Spark 3.0 is a major release of Apache Spark framework. It’s been in preview from last December and going to have a stable release very soon. As part of major release, Spark has a habit of shaking up API’s to bring it to latest standards. There will be breaking changes also in these API’s. One of such API is Data source V2 API.

Data Source V2 API, a new data source API for spark, was introduced in spark 2.3. Then it’s been updated in spark 2.4. I have written detailed posts on same here.

This API is going to be completely changed in Spark 3.0. Spark rarely change an API this frequently in between releases. But as data source are heart of the framework, they are improved constantly. Also in spark 2.4, these API’s were marked evolving. This means they are meant to be changed in future.

The usage of the data sources have not changed in 3.0. So if you are a user of the third party data sources you don’t need to worry. These changes are geared mainly towards the developer of these sources. Also all the sources written V1 API going to work even in 3.0. So if your source is not updated, no need to panic. It’s going to work without latest optimisations.

These new changes in V2 API brings more control to data source developer and better integration with spark optimiser. Moving to this API makes third party sources more performant. So in these series of posts I will be discussing the new Data source V2 API in 3.0.

This is the second post in the series where we discuss about different interfaces to read data in V2 API.You can read all the posts in the series here.

Java Interfaces

One of the characteristics of V2 API’s is it’s exposed in terms of Java interfaces rather than scala traits. The primary reason for this is better interop with Java.

The below are the basic interfaces to read the data in V2 API.


TableProvider trait signifies it’s a source which can read or write a table. Here table is a structured dataset. The below are the methods

def inferSchema(caseInsensitiveStringMap: CaseInsensitiveStringMap): StructType

def getTable(structType: StructType, transforms: Array[Transform], map: util.Map[String, String])

The methods are

  • inferSchema - The method takes parameter from user and tries to infer the schema

  • getTable - This is used for loading table with user specified schema and other transformations.


Table is an interface representing a logical structured data set of a data source. It exposes below three methods

def name:String

def schema:StructType

def capabilities: TableCapability

The different methods are

  • name : A name to identify the table.

  • schema : Table Schema. An empty schema can be returned if schema inference needed.

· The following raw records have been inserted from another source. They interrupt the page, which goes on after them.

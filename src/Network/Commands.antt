-- ===== src/Network/Commands.antt =====
-- The dispatch of commands: `handle_net_cmd` of client-core/src/network/manager.rs, and
-- client-core/src/network/p2p_transfer.rs for the commands that send to peers.
pub mod Limit
use p2p_common.Common.{
  ℕ, String, Bool, true, false, Option, none, some, List, [], ◌∷◌, ◌++◌, if◌then◌else◌,
}
use p2p_common.Common.Dict.{get, keys}
use p2p_common.Protocol.Types.{ResourceType, SharedResource}
use p2p_common.Protocol.Message.{P2pMessage, text_message}
use p2p_common.Protocol.Access.{set_resource_id}
use p2p_common.Network.Types.{NetCmd, WsMessage}
use p2p_common.Network.State.{
  NetworkManager, Effect, route_signal, sent_to_ws, sent_to_peer, registered_upload,
  discovery_started, perform,
}
use p2p_common.Network.Peers.{
  disconnect_peer, disconnect_peer_session, peer_connected, merge_nodes_list,
}
use p2p_common.Network.Dial.{Rtc, auto_connect, call, handle_inbound}
use p2p_common.Network.Server.{
  connect_to, transition_to_local_mesh_fallback, apply_turn_credentials, reload_resources,
  update_name, process_nodes_list,
}

-- What the world answers to one command
pub record Env : Type 0 where
  pub now : ℕ
  pub rtc : Rtc
  -- the server answered before the timeout
  pub reached : Bool
  pub same_json : List SharedResource → List SharedResource → Bool
  -- `get_remote_resource_id` of the client of a peer
  pub remote_resource : String → ResourceType → Option String

abbrev pub send_ws : NetworkManager → WsMessage → NetworkManager
send_ws m (WsMessage.rtc_signal e) = perform m (route_signal e ∷ [])
send_ws m msg = if m.has_ws then perform m (sent_to_ws msg ∷ []) else m

-- A message for a peer that has a session
abbrev pub send_to_peer : NetworkManager → String → P2pMessage → NetworkManager
send_to_peer m id msg = elim (get m.active_peers id) [
  | none ↦ m
  | some c ↦ perform m (sent_to_peer id msg ∷ [])
]

abbrev pub send_to_focused : NetworkManager → P2pMessage → NetworkManager
send_to_focused m msg = elim (m.focused_peer) [ none ↦ m | some id ↦ send_to_peer m id msg ]

abbrev pub specialized : P2pMessage → String → Option String → List Effect
specialized template id none = []
specialized template id (some target) = sent_to_peer id (set_resource_id template target) ∷ []

unfoldable pub broadcast : (String → Option String) → P2pMessage → List String → List Effect
unfolding set_resource_id
broadcast remote template [] = []
broadcast remote template (id ∷ ids) =
    specialized template id (remote id) ++ broadcast remote template ids

abbrev pub register_upload : NetworkManager → String → ℕ → String → NetworkManager
register_upload m id transfer path = elim (get m.active_peers id) [
  | none ↦ m
  | some c ↦ perform m (registered_upload id transfer path ∷ [])
]

abbrev pub start_local_discovery : NetworkManager → NetworkManager
start_local_discovery m =
    if m.local_discovery_started
    then m
    else perform (record m { local_discovery_started = true; local_discovery_enabled = true })
        (discovery_started ∷ [])

abbrev pub set_local_discovery : NetworkManager → Bool → NetworkManager
set_local_discovery m enabled =
    let m1 = record m { local_discovery_enabled = enabled } in
    if enabled then start_local_discovery m1 else m1

unfoldable pub handle_net_cmd : Env → NetworkManager → NetCmd → NetworkManager
unfolding disconnect_peer disconnect_peer_session peer_connected merge_nodes_list auto_connect call
    handle_inbound connect_to transition_to_local_mesh_fallback apply_turn_credentials
    reload_resources update_name process_nodes_list broadcast
handle_net_cmd w m (NetCmd.connect url info turn) = connect_to m w.reached url info turn
handle_net_cmd w m NetCmd.disconnect = transition_to_local_mesh_fallback m
handle_net_cmd w m (NetCmd.apply_turn_credentials turn) = apply_turn_credentials m turn
handle_net_cmd w m (NetCmd.disconnect_peer id) = disconnect_peer m w.now id
handle_net_cmd w m (NetCmd.disconnect_peer_session id conn) =
    disconnect_peer_session m w.now id conn
handle_net_cmd w m (NetCmd.send msg) = send_ws m msg
handle_net_cmd w m (NetCmd.send_p2p text) = send_to_focused m (text_message text)
handle_net_cmd w m (NetCmd.send_p2p_message msg) = send_to_focused m msg
handle_net_cmd w m (NetCmd.send_to_peer id msg) = send_to_peer m id msg
handle_net_cmd w m (NetCmd.broadcast_p2p_message target template) =
    perform m (broadcast (λ id. w.remote_resource id target) template (keys m.active_peers))
handle_net_cmd w m (NetCmd.handle_inbound_signal inbound) = handle_inbound m w.rtc inbound
handle_net_cmd w m (NetCmd.register_upload id transfer path) = register_upload m id transfer path
handle_net_cmd w m (NetCmd.call id) = call m w.now w.rtc id
handle_net_cmd w m (NetCmd.auto_connect id) = auto_connect m w.now w.rtc id
handle_net_cmd w m (NetCmd.peer_connected id resources) = peer_connected m w.now id resources
handle_net_cmd w m (NetCmd.reload_resources resources) = reload_resources m resources
handle_net_cmd w m (NetCmd.update_name name) = update_name m name
handle_net_cmd w m (NetCmd.process_nodes_list nodes) = process_nodes_list w.same_json m w.now nodes
handle_net_cmd w m (NetCmd.merge_nodes_list nodes) = merge_nodes_list m nodes
handle_net_cmd w m (NetCmd.set_local_discovery enabled) = set_local_discovery m enabled
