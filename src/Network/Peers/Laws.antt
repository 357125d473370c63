-- ===== src/Network/Peers/Laws.antt =====
-- What the ends, the beginnings and the merges of client-core/src/network/peer_orchestrator.rs keep.
use p2p_common.Common.{
  ℕ, ◌≡◌, ◌⊎◌, refl, ap, ◌∙◌, String, true, false, not, ◌&&◌, Option, none, some, ◌==◌, ==_iff,
  str_eq, str_eq_refl, if◌then◌else◌, arith, eq_iff, inl, inr, List, [], ◌∷◌, Bool-cases,
  Option-cases,
}
use p2p_common.Common.Dict.{get, get-insert, get-insert_self, get-remove}
use p2p_common.Protocol.Types.{Uuid, NodeInfo, SharedResource}
use p2p_common.Network.State.{
  NetworkManager, WebRtcClient, unfocus, drop_peer, backoff_or, on_p2p_disconnected,
}
use p2p_common.Network.Types.{PeerBackoff}
use p2p_common.Network.Peers.{
  after_loss, disconnect_peer, disconnect_peer_session, peer_connected, merge_node, merge_all,
  merge_nodes_list, merged,
}

-- The end of a session closes what the table holds only if it is that session: either nothing
-- changes, or the session of that id is in the table and the handler does what `DisconnectPeer` does.
pub disconnect_peer_session_lem :
    (m : NetworkManager) (now : ℕ) (id : String) (conn : Uuid)
    → (disconnect_peer_session m now id conn ≡ m)
      ⊎ ((c : WebRtcClient) × (get m.active_peers id ≡ some c)
          × (c.connection_id ≡ conn)
          × (disconnect_peer_session m now id conn ≡ disconnect_peer m now id))
unfolding disconnect_peer_session disconnect_peer
disconnect_peer_session_lem m now id conn = elim (Option-cases (get m.active_peers id)) [
  | inl gone ↦ inl (rw (gone, disconnect_peer_session) refl)
  | inr (c, there) ↦ elim (Bool-cases (c.connection_id == conn)) [
    | inr other ↦ inl (rw (there, disconnect_peer_session, other) refl)
    | inl same ↦ inr (
      c,
      there,
      (==_iff c.connection_id conn).0 same,
      rw (there, disconnect_peer_session, disconnect_peer, same) refl,
    )
  ]
]

-- What a merge keeps of a node that is known: its id, its key and its kind; and it stays online.
abbrev pub Keeps : NodeInfo → Option NodeInfo → Type 0
Keeps n after =
    (n' : NodeInfo) × (after ≡ some n')
    × (n'.id ≡ n.id)
    × (n'.public_key ≡ n.public_key)
    × (n'.app_type ≡ n.app_type)
    × ((n.is_online && not n'.is_online) ≡ false)

Keeps-refl : (n : NodeInfo) (after : Option NodeInfo) → after ≡ some n → Keeps n after
Keeps-refl n after e = (n, e, refl, refl, refl, ground arith)

Keeps-trans :
    (n : NodeInfo) (after last : Option NodeInfo)
    → Keeps n after
    → ((n' : NodeInfo) → after ≡ some n' → Keeps n' last)
    → Keeps n last
Keeps-trans n after last (n', e, i, k, a, o) next =
    let (l, el, il, kl, al, ol) = next n' e in
    (l, el, il ∙ i, kl ∙ k, al ∙ a, ground (arith, o, ol))

merge_entry : Option NodeInfo → NodeInfo → NodeInfo
merge_entry none node = node
merge_entry (some old) node = merged old node

-- The entry of one id after a merge of one node
merge_node-get :
    (m : NetworkManager) (node : NodeInfo) (id : String)
    → get (merge_node m node).last_known_nodes id ≡ (
        if not (str_eq node.id m.my_info.id) && str_eq node.id id
        then some (merge_entry (get m.last_known_nodes node.id) node)
        else get m.last_known_nodes id)
unfolding merge_node merge_entry
merge_node-get m node id = elim (Option-cases (get m.last_known_nodes node.id)) [
  | inl new ↦ ground (arith, new, get-insert m.last_known_nodes node.id id node)
  | inr (old, known) ↦
      ground (arith, known, get-insert m.last_known_nodes node.id id (merged old node))
]

merge_node-my_info :
    (m : NetworkManager) (node : NodeInfo) → (merge_node m node).my_info ≡ m.my_info
unfolding merge_node
merge_node-my_info m node = ground arith

merge_node-Keeps :
    (m : NetworkManager) (node : NodeInfo) (id : String) (n : NodeInfo)
    → get m.last_known_nodes id ≡ some n
    → Keeps n (get (merge_node m node).last_known_nodes id)
unfolding merge_entry
merge_node-Keeps m node id n known =
    elim (Bool-cases (not (str_eq node.id m.my_info.id) && str_eq node.id id)) [
      | inr other ↦ rw (merge_node-get m node id, other) (Keeps-refl n _ known)
      | inl same ↦
          let e : node.id ≡ id = ground (arith, same, eq_iff node.id id) in
          let old : get m.last_known_nodes node.id ≡ some n = rw e known in
          rw (merge_node-get m node id, same, old, merge_entry)
            (merged n node, refl, refl, refl, refl, ground arith)
    ]

merge_all-Keeps :
    (m : NetworkManager) (nodes : List NodeInfo) (id : String) (n : NodeInfo)
    → get m.last_known_nodes id ≡ some n
    → Keeps n (get (merge_all m nodes).last_known_nodes id)
unfolding merge_all
merge_all-Keeps m [] id n known = Keeps-refl n _ known
merge_all-Keeps m (node ∷ nodes) id n known =
    Keeps-trans n (get (merge_node m node).last_known_nodes id) _
      (merge_node-Keeps m node id n known) (merge_all-Keeps (merge_node m node) nodes id)

-- A list of nodes that a peer sends cannot take a node over: of a node that is known already, the
-- id, the public key and the kind stay, and a node that is online stays online.
pub merge_nodes_list-Keeps :
    (m : NetworkManager) (nodes : List NodeInfo) (id : String) (n : NodeInfo)
    → get m.last_known_nodes id ≡ some n
    → Keeps n (get (merge_nodes_list m nodes).last_known_nodes id)
unfolding merge_nodes_list
merge_nodes_list-Keeps m nodes id n known = merge_all-Keeps m nodes id n known

merge_all-own :
    (m : NetworkManager) (nodes : List NodeInfo) (my_id : String)
    → m.my_info.id ≡ my_id
    → get (merge_all m nodes).last_known_nodes my_id ≡ get m.last_known_nodes my_id
unfolding merge_all
merge_all-own m [] my_id mine = refl
merge_all-own m (node ∷ nodes) my_id mine =
    merge_all-own (merge_node m node) nodes my_id
      (ap (λ (i : NodeInfo). i.id) (merge_node-my_info m node) ∙ mine)
    ∙ merge_node-get m node my_id
    ∙ rw mine (ground arith)

-- What a peer says of the client's own node is not read.
pub merge_nodes_list-own :
    (m : NetworkManager) (nodes : List NodeInfo)
    → get (merge_nodes_list m nodes).last_known_nodes m.my_info.id
      ≡ get m.last_known_nodes m.my_info.id
unfolding merge_nodes_list
merge_nodes_list-own m nodes = merge_all-own m nodes m.my_info.id refl

disconnect_peer-backoff :
    (m : NetworkManager) (now : ℕ) (id : String)
    → get (disconnect_peer m now id).backoff_states id
      ≡ some (after_loss (backoff_or (get m.backoff_states id) now false) now)
unfolding disconnect_peer
disconnect_peer-backoff m now id =
    let dropped = unfocus (drop_peer m id (on_p2p_disconnected id ∷ [])) id in
    let same : dropped.backoff_states ≡ m.backoff_states = ground arith in
    get-insert_self dropped.backoff_states id _
    ∙ ap (λ d. some (after_loss (backoff_or (get d id) now false) now)) same

disconnect_peer-active :
    (m : NetworkManager) (now : ℕ) (id : String)
    → get (disconnect_peer m now id).active_peers id ≡ none
unfolding disconnect_peer
disconnect_peer-active m now id = ground (arith, get-remove m.active_peers id id, str_eq_refl id)

peer_connected-backoff :
    (m : NetworkManager) (now : ℕ) (id : String) (resources : List SharedResource)
    → (b : PeerBackoff) × (get (peer_connected m now id resources).backoff_states id ≡ some b)
      × (b.is_connected ≡ true)
unfolding peer_connected
peer_connected-backoff m now id resources =
    let b = record (backoff_or (get m.backoff_states id) now true) {
      is_connected = true;
      attempt_count = 0;
    } in
    (b, ground (arith, get-insert_self m.backoff_states id b), refl)

-- A session that was up and is lost costs the peer a first wait: whatever the backoff was before the
-- connection, afterwards it counts one attempt, made at the time of the loss, and no session of the
-- peer is left.
pub disconnect_peer-peer_connected :
    (m : NetworkManager) (now later : ℕ) (id : String) (resources : List SharedResource)
    → let after = disconnect_peer (peer_connected m now id resources) later id in
      (get after.backoff_states id
        ≡ some (record { attempt_count = 1; last_attempt = later; is_connected = false }))
      × (get after.active_peers id ≡ none)
disconnect_peer-peer_connected m now later id resources =
    let up = peer_connected m now id resources in
    let (b, e, was_up) = peer_connected-backoff m now id resources in
    (
      rw (disconnect_peer-backoff up later id, e) (ground (arith, was_up)),
      disconnect_peer-active up later id,
    )
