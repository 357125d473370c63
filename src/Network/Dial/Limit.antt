-- ===== src/Network/Dial/Limit.antt =====
-- The limit on the number of peers, over the commands that open sessions.
use p2p_common.Common.{
  ℕ, ◌≡◌, ◌⊎◌, refl, ◌≤◌, ◌<◌, max, String, Bool, true, false, ◌||◌, none, some, List, [], ◌∷◌,
  str_eq_refl, arith, inl, inr, Bool-cases, Option-cases,
}
use native.Mathlib.Nat.{le_trans}
use p2p_common.Common.Dict.{Dict, get, insert, remove, get-remove, count-insert, count-remove}
use p2p_common.Common.Result.{Result-cases}
use p2p_common.Network.Types.{PeerBackoff}
use p2p_common.Network.State.{
  closed_connection, perform, NetworkManager, WebRtcClient, Effect, taken, takes_slot, is_dead,
  peer_slot_available, drop_peer, set_backoff, backoff_or, is_stuck,
}
use p2p_common.Network.Dial.{
  cools_down, lacks_signaling, attempted, noticed, Rtc, dial, auto_connect, auto_dial, call,
  call_free,
}

-- What a handler may do to the table of sessions without taking a slot beyond the limit: nothing,
-- or open one session for a node that has none, where a slot is free.
abbrev pub Opens : NetworkManager → String → Dict WebRtcClient → Type 0
Opens m id after =
    (after ≡ m.active_peers)
    ⊎ ((c : WebRtcClient) × (get m.active_peers id ≡ none)
        × (peer_slot_available m.limits m.active_peers id ≡ true)
        × (after ≡ insert m.active_peers id c))

pub slot-room :
    (m : NetworkManager) (id : String)
    → 0 < m.limits.max_peers
    → get m.active_peers id ≡ none
    → peer_slot_available m.limits m.active_peers id ≡ true
    → taken m.active_peers < m.limits.max_peers
unfolding peer_slot_available
slot-room m id h fresh free = ground arith

Opens-limit :
    (m : NetworkManager) (id : String) (after : Dict WebRtcClient)
    → 0 < m.limits.max_peers
    → Opens m id after
    → taken after ≤ max (taken m.active_peers) m.limits.max_peers
Opens-limit m id after h (inl same) = rw same (omega arith)
Opens-limit m id after h (inr (c, fresh, free, e)) =
    let room = slot-room m id h fresh free in
    rw (e, count-insert takes_slot m.active_peers id c fresh) (ground (arith, room))

dial-active :
    (told : Bool) (m : NetworkManager) (rtc : Rtc) (id : String)
    → ((dial told m rtc id).active_peers ≡ m.active_peers)
      ⊎ ((c : WebRtcClient) × ((dial told m rtc id).active_peers ≡ insert m.active_peers id c))
dial-active told m rtc id = elim (Result-cases rtc.new_client) [
  | inl (e, failed) ↦ inl (ground (arith, failed))
  | inr (c, made) ↦ elim (Result-cases rtc.create_offer) [
    | inl (e, failed) ↦ inl (ground (arith, made, failed))
    | inr (sdp, offered) ↦ inr (c, ground (arith, made, offered))
  ]
]

auto_dial-active :
    (m : NetworkManager) (now : ℕ) (rtc : Rtc) (id : String) (b : PeerBackoff)
    → ((auto_dial m now rtc id b).active_peers ≡ m.active_peers)
      ⊎ ((c : WebRtcClient) × ((auto_dial m now rtc id b).active_peers
            ≡ insert m.active_peers id c))
auto_dial-active m now rtc id b = elim (Bool-cases (cools_down m now b)) [
  | inl cooling ↦ inl (ground (arith, cooling))
  | inr cool ↦ elim (Bool-cases (lacks_signaling m id)) [
    | inl lacks ↦ inl (rw (cool, lacks) refl)
    | inr has ↦ rw (cool, has) (dial-active true (set_backoff m id (attempted b now)) rtc id)
  ]
]

pub auto_connect-free :
    (m : NetworkManager) (now : ℕ) (rtc : Rtc) (id : String)
    → get m.active_peers id ≡ none
    → peer_slot_available m.limits m.active_peers id ≡ true
    → auto_connect m now rtc id
      ≡ auto_dial m now rtc id (noticed (backoff_or (get m.backoff_states id) now false) now)
unfolding auto_connect
auto_connect-free m now rtc id fresh free = rw (fresh, auto_connect, free) refl

auto_connect-Opens :
    (m : NetworkManager) (now : ℕ) (rtc : Rtc) (id : String)
    → Opens m id (auto_connect m now rtc id).active_peers
unfolding auto_connect
auto_connect-Opens m now rtc id = elim (Option-cases (get m.active_peers id)) [
  | inr (c, there) ↦ inl (ground (arith, there))
  | inl fresh ↦ elim (Bool-cases (peer_slot_available m.limits m.active_peers id)) [
    | inr full ↦ inl (ground (arith, fresh, full))
    | inl free ↦
        let b = noticed (backoff_or (get m.backoff_states id) now false) now in
        let opened = auto_connect-free m now rtc id fresh free in
        elim (auto_dial-active m now rtc id b) [
          | inl same ↦ inl (rw opened same)
          | inr (c, e) ↦ inr (c, fresh, free, rw opened e)
        ]
  ]
]

call_free-Opens :
    (m : NetworkManager) (now : ℕ) (rtc : Rtc) (id : String)
    → get m.active_peers id ≡ none
    → Opens m id (call_free m now rtc id).active_peers
call_free-Opens m now rtc id fresh =
    elim (Bool-cases (peer_slot_available m.limits m.active_peers id)) [
      | inr full ↦ inl (rw full refl)
      | inl free ↦
          let m1 =
            set_backoff (record m { focused_peer = some id }) id
              (record { attempt_count = 1; last_attempt = now; is_connected = false }) in
          elim (Bool-cases (lacks_signaling m id)) [
            | inl lacks ↦ inl (rw (free, lacks) refl)
            | inr has ↦ elim (dial-active false m1 rtc id) [
              | inl same ↦ inl (rw (free, has) same)
              | inr (c, e) ↦ inr (c, fresh, free, rw (free, has) e)
            ]
          ]
    ]

drop_peer-some :
    (m : NetworkManager) (id : String) (told : List Effect) (c : WebRtcClient)
    → get m.active_peers id ≡ some c
    → drop_peer m id told
      ≡ perform
          (record m { active_peers = remove m.active_peers id })
          (closed_connection c.connection_id ∷ told)
drop_peer-some m id told c there = rw (there, drop_peer) refl

-- `Call` after it has dropped a session that is stuck or dead
call_dropped-limit :
    (m : NetworkManager) (now : ℕ) (rtc : Rtc) (id : String) (c : WebRtcClient)
    → get m.active_peers id ≡ some c
    → 0 < m.limits.max_peers
    → taken (call_free (drop_peer m id []) now rtc id).active_peers
      ≤ max (taken m.active_peers) m.limits.max_peers
call_dropped-limit m now rtc id c there h =
    let dropped =
      perform (record m { active_peers = remove m.active_peers id })
        (closed_connection c.connection_id ∷ []) in
    let gone : get dropped.active_peers id ≡ none =
      rw (get-remove m.active_peers id id, str_eq_refl id) refl in
    let fewer = count-remove takes_slot m.active_peers id in
    let opened = Opens-limit dropped id _ h (call_free-Opens dropped now rtc id gone) in
    rw (drop_peer-some m id [] c there) (le_trans opened (omega arith))

-- A dial by the client itself, by `AutoConnect` or by `Call`, keeps the limit on peers: where a
-- limit is set, the sessions that are up or coming up number afterwards at most the limit, or at
-- most what they were before, where a limit was set below that.
pub auto_connect-limit :
    (m : NetworkManager) (now : ℕ) (rtc : Rtc) (id : String)
    → 0 < m.limits.max_peers
    → taken (auto_connect m now rtc id).active_peers ≤ max (taken m.active_peers) m.limits.max_peers
auto_connect-limit m now rtc id h = Opens-limit m id _ h (auto_connect-Opens m now rtc id)

pub call-limit :
    (m : NetworkManager) (now : ℕ) (rtc : Rtc) (id : String)
    → 0 < m.limits.max_peers
    → taken (call m now rtc id).active_peers ≤ max (taken m.active_peers) m.limits.max_peers
unfolding call
call-limit m now rtc id h = elim (Option-cases (get m.active_peers id)) [
  | inl fresh ↦ rw (fresh, call) (Opens-limit m id _ h (call_free-Opens m now rtc id fresh))
  | inr (c, there) ↦ elim (Bool-cases (is_stuck c now 5 || is_dead c.connection_state)) [
    | inr alive ↦ rw (there, call, alive) (omega arith)
    | inl reaped ↦ rw (there, call, reaped) (call_dropped-limit m now rtc id c there h)
  ]
]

  • capabilities : Capabilities exposed by the table. This is one of the unique feature added in spark 3.0. This allows to specifying what kind of operation table supports. Some capabilities like BATCH_READ, BATCH_WRITE. This helps spark to verify these before attempting to run the operations.


This interface indicates that source supports read. This has one abstract method that needs to be overridden.

def newScanBuilder(options: CaseInsensitiveStringMap): ScanBuilder 


An interface for building Scan. This interface can mix with filter push down to keep the needed information to push the filters to readers. The exposed abstract methods are

 def build(): Scan 


Logical representation of a data source scan. This interface is used to provide logical information, like what the actual read schema is. This is a common scan for all different scanning like batch, micro batch etc. The needed methods to be overridden are

 def readSchema(): StructType

 def toBatch: Batch

The methods are

  • readSchema - The actual schema of the source. This may look like repetitive from Table interface. The reason it is repeated because, after column pruning or other optimisation the schema may change or we may need inference of schema. This method returns actual schema of the data where as the Table one returns the initial schema.

  • toBatch - This method needs to be overridden to indicate that this scan configuration should be used for batch reading.


A physical representation of a data source scan for batch queries. This interface is used to provide physical information, like how many partitions the scanned data has, and how to read records from the partitions.

The methods that need to be overridden are

def planInputPartitions(): Array[InputPartition] 

def createReaderFactory(): PartitionReaderFactory 

The methods are

  • planInputPartitions : List of partitions for the table. This number decides number of partitions in Dataset.

  • createReaderFactory : Factory to create the readers


It’s a factory class to create actual data readers. The data reader creation happens on the individual machines. It exposes single method.

 def createReader(partition: InputPartition): PartitionReader[InternalRow]

As the name suggest, it creates data reader.


Finally we have the interface which actually reads the data. The below are methods

def next : Boolean

def get : T

def close() : Unit

As you can see from interface, it looks as simple iterator based reader. Currently T can be only InternalRow.



In this post we discussed some of the important interfaces from data source V2 API for reading data. You can see how this API is much different than earlier API.